*** Begin section ***
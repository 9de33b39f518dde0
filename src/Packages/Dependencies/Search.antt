-- ===== src/Packages/Dependencies/Search.antt =====
-- src/plaik_core/dependencies.py, `visit`: what the depth-first search keeps and adds.
use plaik.Prelude.{
  ◌≡◌, refl, ap, subst, ◌∙◌, String, true, false, ◌||◌, none, some, List, [], ◌∷◌, ◌++◌, arith,
  ◌==◌, string_eq, eq_iff, All, All-append, All-weaken, Bool-cases, Option-cases, inl, inr,
}
use plaik.Prelude.Dict.{lookup}
use plaik.Prelude.Sets.{has, Unique, has-append, discard_self, Unique-snoc}
use plaik.Packages.Manifest.{PackageDependency, PackageManifest}
use plaik.Packages.Dependencies.Precedence.{ids, ids-snoc, DepsSeen, DepsFirst, DepsFirst-snoc}
use plaik.Packages.Dependencies.{Packages, is_member, targets, Visit, finish}

module _ (candidates : Packages) where
  -- A state of the search.
  pub record Sound (s : Visit) : Type 0 where
    pub separate : (d : String) → has d s.visiting ≡ true → has d s.visited ≡ false
    pub listed :
        (d : String)
        → is_member d candidates ≡ true
        → has d s.visited ≡ true
        → has d (ids s.ordered) ≡ true
    pub only : (d : String) → has d (ids s.ordered) ≡ true → has d s.visited ≡ true
    pub members : All (λ m. lookup m.id candidates ≡ some m) s.ordered
    pub unique : Unique (ids s.ordered)
    pub sorted : DepsFirst (λ k. is_member k candidates) [] s.ordered

  pub record Progress (s t : Visit) : Type 0 where
    pub sound : Sound t
    pub same : t.visiting ≡ s.visiting
    pub more : (d : String) → has d s.visited ≡ true → has d t.visited ≡ true

  pub enter-Sound :
      (id : String) (s : Visit)
      → has id s.visited ≡ false
      → Sound s
      → Sound (record s { visiting = id ∷ s.visiting })
  unfolding has
  enter-Sound id s new h = record {
    separate = λ d p. ground (arith, eq_iff id d, h.separate d, new);
    listed = h.listed;
    only = h.only;
    members = h.members;
    unique = h.unique;
    sorted = h.sorted;
  }

  -- The candidates are packages of the graph, each under its own id.
  module _ (all : Packages)
      (agrees : (k : String) (m : PackageManifest)
        → lookup k candidates ≡ some m
        → (lookup k all ≡ some m) × (m.id ≡ k)) where
    is_member-all : (k : String) → is_member k candidates ≡ true → is_member k all ≡ true
    is_member-all k h = elim (Option-cases (lookup k candidates)) [
      | inl e ↦ absurd (ground (arith, e, h))
      | inr (m, e) ↦ ground (arith, agrees k m e)
    ]

    targets-DepsSeen :
        (seen : List String) (ds : List PackageDependency)
        → All (λ d. has d seen ≡ true) (targets all ds)
        → All (λ d. is_member d.package_id candidates ≡ true → has d.package_id seen ≡ true) ds
    unfolding targets
    targets-DepsSeen seen [] h = tt
    targets-DepsSeen seen (d ∷ ds) h = elim (Bool-cases (is_member d.package_id all)) [
      | inl p ↦
          let g : (has d.package_id seen ≡ true) × All (λ d. has d seen ≡ true) (targets all ds) =
            rw p at h in
          (λ _. g.0, targets-DepsSeen seen ds g.1)
      | inr p ↦
          let g : All (λ d. has d seen ≡ true) (targets all ds) = rw p at h in
          (
            λ c. absurd (ground (arith, p, is_member-all d.package_id c)),
            targets-DepsSeen seen ds g,
          )
    ]

    module _ (id : String) (s t : Visit) (fresh : has id s.visiting ≡ false)
        (old : Progress (record s { visiting = id ∷ s.visiting }) t) where
      finish-same : (finish all candidates id t).visiting ≡ s.visiting
      unfolding finish
      finish-same = rw old.same (discard_self id s.visiting fresh)

      finish-separate :
          (d : String)
          → has d (finish all candidates id t).visiting ≡ true
          → has d (finish all candidates id t).visited ≡ false
      unfolding finish has
      finish-separate d p = ground (
        arith,
        ap (has d) finish-same,
        ap (has d) old.same,
        old.sound.separate d,
        eq_iff id d,
        fresh,
      )

      finish-more :
          (d : String) → has d s.visited ≡ true → has d (finish all candidates id t).visited ≡ true
      unfolding finish has
      finish-more d p = ground (arith, old.more d p)

      finish-visited :
          (d : String) → has d (finish all candidates id t).visited ≡ (id == d || has d t.visited)
      unfolding finish has
      finish-visited d = refl

      -- No candidate has the id: nothing is installed.
      finish-Sound_absent : lookup id candidates ≡ none → Sound (finish all candidates id t)
      unfolding finish
      finish-Sound_absent e =
          let same : (finish all candidates id t).ordered ≡ t.ordered = rw (e, finish) in
          record {
            separate = finish-separate;
            listed = λ d c v.
                rw same
                  (ground (arith, e, c, v, finish-visited d, eq_iff id d, old.sound.listed d));
            only = λ d o.
                ground
                  (arith, ap (λ ms. has d (ids ms)) same, o, finish-visited d, old.sound.only d);
            members = rw same old.sound.members;
            unique = rw same old.sound.unique;
            sorted = rw same old.sound.sorted;
          }

      module _ (m : PackageManifest) (e : lookup id candidates ≡ some m) (named : m.id ≡ id) where
        finish-ordered : (finish all candidates id t).ordered ≡ t.ordered ++ (m ∷ [])
        unfolding finish
        finish-ordered = rw (e, finish)

        finish-ids :
            (d : String)
            → has d (ids (finish all candidates id t).ordered) ≡ (has d (ids t.ordered) || id == d)
        unfolding has
        finish-ids d =
            ap (λ ms. has d (ids ms)) finish-ordered
            ∙ ap (has d) (ids-snoc t.ordered m)
            ∙ has-append d (ids t.ordered) (m.id ∷ [])
            ∙ ground (arith, ap (λ i. i == d) named)

        -- The candidate is installed after the dependencies, which were visited.
        finish-Sound_found :
            DepsSeen (λ k. is_member k candidates) t.visited m → Sound (finish all candidates id t)
        unfolding has
        finish-Sound_found deps =
            let free : has id t.visited ≡ false =
              ground (arith, ap (has id) old.same, eq_iff id id, old.sound.separate id) in
            let absent : has id (ids t.ordered) ≡ false = ground (arith, free, old.sound.only id) in
            record {
              separate = finish-separate;
              listed =
                  λ d c v. ground (arith, c, v, finish-visited d, finish-ids d, old.sound.listed d);
              only = λ d o. ground (arith, o, finish-visited d, finish-ids d, old.sound.only d);
              members = rw finish-ordered (
                  All-append (λ n. lookup n.id candidates ≡ some n) t.ordered (m ∷ [])
                    old.sound.members (ap (λ i. lookup i candidates) named ∙ e, tt));
              unique =
                  rw (finish-ordered, ids-snoc t.ordered m, named)
                    (Unique-snoc (ids t.ordered) id old.sound.unique absent);
              sorted = rw finish-ordered (
                  DepsFirst-snoc (λ k. is_member k candidates) [] (ids t.ordered) t.ordered m
                    (λ d p. p) old.sound.sorted
                    (All-weaken
                      (λ d.
                        is_member d.package_id candidates ≡ true
                        → has d.package_id t.visited ≡ true)
                      (λ d.
                        is_member d.package_id candidates ≡ true
                        → has d.package_id (ids t.ordered) ≡ true)
                      (λ d f c. old.sound.listed d.package_id c (f c)) m.dependencies deps));
            }

      pub finish-Progress :
          (m : PackageManifest)
          → lookup id all ≡ some m
          → All (λ d. has d t.visited ≡ true) (targets all m.dependencies)
          → Progress s (finish all candidates id t)
      finish-Progress m e deps = record {
        sound = elim (Option-cases (lookup id candidates)) [
          | inl none_there ↦ finish-Sound_absent none_there
          | inr (c, there) ↦
              let (in_all, named) = agrees id c there in
              let same : m ≡ c = ground (arith, e, in_all) in
              finish-Sound_found c there named (
                targets-DepsSeen t.visited c.dependencies (
                  subst
                    (λ (n : PackageManifest).
                      All (λ d. has d t.visited ≡ true) (targets all n.dependencies))
                    same deps))
        ];
        same = finish-same;
        more = finish-more;
      }
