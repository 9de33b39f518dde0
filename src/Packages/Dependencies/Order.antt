-- ===== src/Packages/Dependencies/Order.antt =====
-- src/plaik_core/dependencies.py, `visit`: the order that the search builds.
use plaik.Prelude.{
  ℕ, zero, suc, ◌≡◌, refl, ap, subst, ◌∙◌, String, true, false, some, List, [], ◌∷◌, arith,
  string_eq, eq_iff, All, Bool-cases, Option-cases, inl, inr,
}
use plaik.Prelude.Dict.{lookup}
use plaik.Prelude.Results.{Result, ok, Result-cases}
use plaik.Prelude.Sets.{has}
use plaik.Packages.Manifest.{PackageManifest}
use plaik.Packages.Dependencies.{
  ResolutionError, Packages, targets, Visit, visit_all, finish, enter, visit,
}
use plaik.Packages.Dependencies.Search.{Sound, Progress, enter-Sound, finish-Progress}

module _ (candidates all : Packages)
    (agrees : (k : String) (m : PackageManifest)
      → lookup k candidates ≡ some m
      → (lookup k all ≡ some m) × (m.id ≡ k)) where
  -- A visit that returns has kept the state sound and visited the package.
  abbrev pub Visits : (String → Visit → Result ResolutionError Visit) → Type 0
  Visits v =
      (id : String) (s t : Visit)
      → v id s ≡ ok t
      → Sound candidates s
      → Progress candidates s t × (has id t.visited ≡ true)

  Progress-trans :
      (s t u : Visit) → Progress candidates s t → Progress candidates t u → Progress candidates s u
  Progress-trans s t u p q = record {
    sound = q.sound;
    same = q.same ∙ p.same;
    more = λ d h. q.more d (p.more d h);
  }

  pub visit_all-Progress :
      (v : String → Visit → Result ResolutionError Visit)
      → Visits v
      → (ids : List String) (s t : Visit) → visit_all v ids s ≡ ok t
      → Sound candidates s
      → Progress candidates s t × All (λ d. has d t.visited ≡ true) ids
  unfolding visit_all
  visit_all-Progress v visits [] s t h k =
      let e : s ≡ t = ground arith in
      (subst (Progress candidates s) e (record { sound = k; same = refl; more = λ d p. p }), tt)
  visit_all-Progress v visits (d ∷ ds) s t h k = elim (Result-cases (v d s)) [
    | inr (x, e) ↦ absurd (ground (arith, e, h))
    | inl (u, e) ↦
        let (p, seen) = visits d s u e k in
        let (q, rest) = visit_all-Progress v visits ds u t (ground (arith, e, h)) p.sound in
        (Progress-trans s u t p q, (q.more d seen, rest))
  ]

  finish-has : (id : String) (u : Visit) → has id (finish all candidates id u).visited ≡ true
  unfolding finish has
  finish-has id u = ground (arith, eq_iff id id)

  enter-Progress :
      (v : String → Visit → Result ResolutionError Visit)
      → Visits v
      → (id : String) (s t : Visit) → enter all candidates v id s ≡ ok t
      → has id s.visited ≡ false
      → has id s.visiting ≡ false
      → Sound candidates s
      → Progress candidates s t × (has id t.visited ≡ true)
  unfolding enter
  enter-Progress v visits id s t h new fresh k = elim (Option-cases (lookup id all)) [
    | inl e ↦ absurd (ground (arith, e, h))
    | inr (m, e) ↦
        let s' = record s { visiting = id ∷ s.visiting } in
        elim (Result-cases (visit_all v (targets all m.dependencies) s')) [
          | inr (x, f) ↦ absurd (ground (arith, e, f, h))
          | inl (u, f) ↦
              let (p, seen) =
                visit_all-Progress v visits (targets all m.dependencies) s' u f
                  (enter-Sound candidates id s new k) in
              let g : finish all candidates id u ≡ t = ground (arith, e, f, h) in
              (
                subst (Progress candidates s) g
                    (finish-Progress candidates all agrees id s u fresh p m e seen),
                subst (λ (x : Visit). has id x.visited ≡ true) g (finish-has id u),
              )
        ]
  ]

  pub visit-Progress : (rounds : ℕ) → Visits (visit all candidates rounds)
  unfolding visit
  visit-Progress zero id s t h k = absurd (ground arith)
  visit-Progress (suc rounds) id s t h k = elim (Bool-cases (has id s.visited)) [
    | inl old ↦
        let e : s ≡ t = ground (arith, old, h) in
        (
          subst (Progress candidates s) e (record { sound = k; same = refl; more = λ d p. p }),
          ground (arith, old, ap (λ (x : Visit). has id x.visited) e),
        )
    | inr new ↦ elim (Bool-cases (has id s.visiting)) [
      | inl cycle ↦ absurd (ground (arith, new, cycle, h))
      | inr fresh ↦
          enter-Progress (visit all candidates rounds) (visit-Progress rounds) id s t
            (ground (arith, new, fresh, h)) new fresh k
    ]
  ]
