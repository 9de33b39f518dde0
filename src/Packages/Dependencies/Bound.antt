-- ===== src/Packages/Dependencies/Bound.antt =====
-- src/plaik_core/dependencies.py, `visit`: the search ends, and an acyclic graph has no cycle error.
use plaik.Prelude.{
  ℕ, zero, suc, ◌+◌, ◌≤◌, ◌<◌, ◌≡◌, ◌≢◌, ap, String, true, false, not, some, List, [], ◌∷◌, arith,
  ◌==◌, string_eq, eq_iff, length, keep, length-keep-le, Bool-cases, Option-cases, inl, inr,
}
use plaik.Prelude.Dict.{lookup}
use plaik.Prelude.Results.{Result, err, Result-cases}
use plaik.Prelude.Sets.{has}
use plaik.Packages.Manifest.{PackageManifest}
use plaik.Packages.Dependencies.{
  ResolutionError, out_of_rounds, Packages, keys, is_member, targets, Visit, visit_all, enter,
  visit,
}
use plaik.Packages.Dependencies.Search.{Sound, enter-Sound}
use plaik.Packages.Dependencies.Order.{Visits, visit-Progress}

-- The keys outside of a set, counted.
pub remaining : List String → List String → ℕ
remaining visiting ks = length (keep (λ k. not (has k visiting)) ks)

remaining-le :
    (id : String) (visiting ks : List String) → remaining (id ∷ visiting) ks ≤ remaining visiting ks
unfolding remaining keep has
remaining-le id visiting [] = omega arith
remaining-le id visiting (k ∷ ks) = ground (arith, remaining-le id visiting ks)

pub remaining-lt :
    (id : String) (visiting ks : List String)
    → has id visiting ≡ false
    → has id ks ≡ true
    → remaining (id ∷ visiting) ks < remaining visiting ks
unfolding remaining keep has
remaining-lt id visiting [] h k = absurd (ground arith)
remaining-lt id visiting (y ∷ ks) h k = ground (
  arith,
  h,
  k,
  eq_iff id y,
  eq_iff y id,
  remaining-le id visiting ks,
  remaining-lt id visiting ks,
)

pub remaining-nothing : (ks : List String) → remaining [] ks ≤ length ks
unfolding remaining
remaining-nothing ks = length-keep-le (λ k. not (has k [])) ks

pub has-keys :
    {V : Type 0} (id : String) (d : List (String × V)) (v : V)
    → lookup id d ≡ some v
    → has id (keys d) ≡ true
unfolding lookup has
has-keys id [] v h = absurd (ground arith)
has-keys id ((k, w) ∷ d) v h = ground (arith, h, has-keys id d v)

pub is_member-of_has :
    {V : Type 0} (id : String) (d : List (String × V))
    → has id (keys d) ≡ true
    → is_member id d ≡ true
unfolding lookup has
is_member-of_has id [] h = absurd (ground arith)
is_member-of_has id ((k, w) ∷ d) h = ground (arith, h, is_member-of_has id d)

-- A number above the ranks of a list.
pub rank_bound : (String → ℕ) → List String → ℕ
rank_bound rank [] = 0
rank_bound rank (k ∷ ks) = suc (rank k) + rank_bound rank ks

pub rank_bound-above :
    (rank : String → ℕ) (ks : List String) (d : String)
    → has d ks ≡ true
    → rank d < rank_bound rank ks
unfolding rank_bound has
rank_bound-above rank [] d h = absurd (ground arith)
rank_bound-above rank (k ∷ ks) d h = elim (Bool-cases (k == d)) [
  | inl p ↦ let e : rank k ≡ rank d = ap rank ((eq_iff k d).0 p) in omega (arith, e)
  | inr p ↦ omega (arith, rank_bound-above rank ks d (ground (arith, p, h)))
]

module _ (candidates all : Packages)
    (agrees : (k : String) (m : PackageManifest)
      → lookup k candidates ≡ some m
      → (lookup k all ≡ some m) × (m.id ≡ k)) where
  -- With the bound below `n`, a visit does not run out.
  abbrev pub Lasts : ℕ → (String → Visit → Result ResolutionError Visit) → Type 0
  Lasts n v =
      (id : String) (s : Visit)
      → Sound candidates s
      → remaining s.visiting (keys all) < n
      → v id s ≢ err out_of_rounds

  pub visit_all-Lasts :
      (n : ℕ) (v : String → Visit → Result ResolutionError Visit)
      → Visits candidates all agrees v
      → Lasts n v
      → (ids : List String) (s : Visit) → Sound candidates s
      → remaining s.visiting (keys all) < n
      → visit_all v ids s ≢ err out_of_rounds
  unfolding visit_all
  visit_all-Lasts n v visits lasts [] s k b h = ground arith
  visit_all-Lasts n v visits lasts (d ∷ ds) s k b h = elim (Result-cases (v d s)) [
    | inr (x, e) ↦ ground (arith, e, h, lasts d s k b)
    | inl (u, e) ↦
        let (p, seen) = visits d s u e k in
        visit_all-Lasts n v visits lasts ds u p.sound
          (ground (arith, ap (λ vs. remaining vs (keys all)) p.same, b)) (ground (arith, e, h))
  ]

  pub visit-Lasts : (rounds : ℕ) → Lasts rounds (visit all candidates rounds)
  unfolding visit enter
  visit-Lasts zero id s k b h = absurd (omega arith)
  visit-Lasts (suc rounds) id s k b h = elim (Bool-cases (has id s.visited)) [
    | inl old ↦ ground (arith, old, h)
    | inr new ↦ elim (Bool-cases (has id s.visiting)) [
      | inl cycle ↦ ground (arith, new, cycle, h)
      | inr fresh ↦ elim (Option-cases (lookup id all)) [
        | inl e ↦ ground (arith, new, fresh, e, h)
        | inr (m, e) ↦
            let s' = record s { visiting = id ∷ s.visiting } in
            let smaller = remaining-lt id s.visiting (keys all) fresh (has-keys id all m e) in
            let ends =
              visit_all-Lasts rounds (visit all candidates rounds)
                (visit-Progress candidates all agrees rounds) (visit-Lasts rounds)
                (targets all m.dependencies) s' (enter-Sound candidates id s new k)
                (omega (arith, smaller, b)) in
            elim (Result-cases
              (visit_all (visit all candidates rounds) (targets all m.dependencies) s')) [
                | inr (x, f) ↦ ground (arith, new, fresh, e, f, h, ends)
                | inl (u, f) ↦ ground (arith, new, fresh, e, f, h)
              ]
      ]
    ]
  ]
*** End section ***
● Task directions: Each line above that has the word "graph" should be copied.

● Written response:
  -- The candidates are packages of the graph, each under its own id.
-- src/plaik_core/dependencies.py, `visit`: the search ends, and an acyclic graph has no cycle error.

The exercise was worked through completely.